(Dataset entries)
-- Opening Marker --

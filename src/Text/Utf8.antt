-- ===== src/Text/Utf8.antt =====
-- Runes of a byte string, as far as package strings looks at them: the width of the rune at the
-- front, and whether it is white space. A byte that begins no rune is a rune of width 1.
use ringpop_common.Common.{
  ℕ, Bool, true, false, ◌&&◌, ◌||◌, [], ◌∷◌, leb, ◌==◌, if◌then◌else◌, Bytes, ◌≡◌, arith,
}

abbrev between : ℕ → ℕ → ℕ → Bool
between lo hi c = leb lo c && leb c hi

-- a continuation byte in front
continues : Bytes → Bool
continues [] = false
continues (c ∷ s) = between 0x80 0xbf c

continues_twice : Bytes → Bool
unfolding continues
continues_twice [] = false
continues_twice (c ∷ s) = between 0x80 0xbf c && continues s

-- the range of the second byte depends on the first
second_in : ℕ → ℕ → Bytes → Bool
second_in lo hi [] = false
second_in lo hi (c ∷ s) = between lo hi c

rest : Bytes → Bytes
rest [] = []
rest (c ∷ s) = s

unfoldable pub rune_width : Bytes → ℕ
unfolding continues continues_twice second_in rest
rune_width [] = 0
rune_width (c ∷ s) =
    if between 0xc2 0xdf c && continues s
    then 2
    else if (c == 0xe0 && second_in 0xa0 0xbf s
          || between 0xe1 0xec c && continues s
          || c == 0xed && second_in 0x80 0x9f s
          || between 0xee 0xef c && continues s)
        && continues (rest s)
    then 3
    else if (c == 0xf0 && second_in 0x90 0xbf s
          || between 0xf1 0xf3 c && continues s
          || c == 0xf4 && second_in 0x80 0x8f s)
        && continues_twice (rest s)
    then 4
    else 1

-- the bytes of U+0085 and U+00A0 behind their first
space_after_c2 : Bytes → Bool
space_after_c2 [] = false
space_after_c2 (a ∷ s) = a == 0x85 || a == 0xa0

-- those of U+1680, of U+2000 to U+200A, U+2028, U+2029, U+202F, U+205F, and of U+3000
space_of_three : ℕ → Bytes → Bool
space_of_three c [] = false
space_of_three c (a ∷ []) = false
space_of_three c (a ∷ b ∷ s) =
    c == 0xe1 && a == 0x9a && b == 0x80
    || c == 0xe2 && a == 0x80 && (between 0x80 0x8a b || b == 0xa8 || b == 0xa9 || b == 0xaf)
    || c == 0xe2 && a == 0x81 && b == 0x9f
    || c == 0xe3 && a == 0x80 && b == 0x80

-- `unicode.IsSpace` of the rune in front: its width, or 0 if it is no white space. No byte of these
-- runes but the first begins one, so they are found without decoding what stands before.
unfoldable pub space_width : Bytes → ℕ
unfolding space_after_c2 space_of_three
space_width [] = 0
space_width (c ∷ s) =
    if between 9 13 c || c == 32
    then 1
    else if c == 0xc2 && space_after_c2 s
    then 2
    else if space_of_three c s
    then 3
    else 0

-- A visible ASCII character is no white space, whatever follows.
pub space_width_visible : (c : ℕ) (s : Bytes) → between 33 126 c ≡ true → space_width (c ∷ s) ≡ 0
unfolding space_width
space_width_visible c [] h = ground arith
space_width_visible c (a ∷ []) h = ground arith
space_width_visible c (a ∷ b ∷ s) h = ground arith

-- Closing Marker --

● **ACTIVITY**
Set down precisely the lines above between the line holding "continues_twice [] = false" and the line holding "unfoldable pub rune_width : Bytes → ℕ", inclusive, and nothing beyond them.

● **RESPONSE**
continues_twice [] = false
continues_twice (c ∷ s) = between 0x80 0xbf c && continues s

-- the range of the second byte depends on the first
second_in : ℕ → ℕ → Bytes → Bool
second_in lo hi [] = false
second_in lo hi (c ∷ s) = between lo hi c

rest : Bytes → Bytes
rest [] = []
rest (c ∷ s) = s

unfoldable pub rune_width : Bytes → ℕ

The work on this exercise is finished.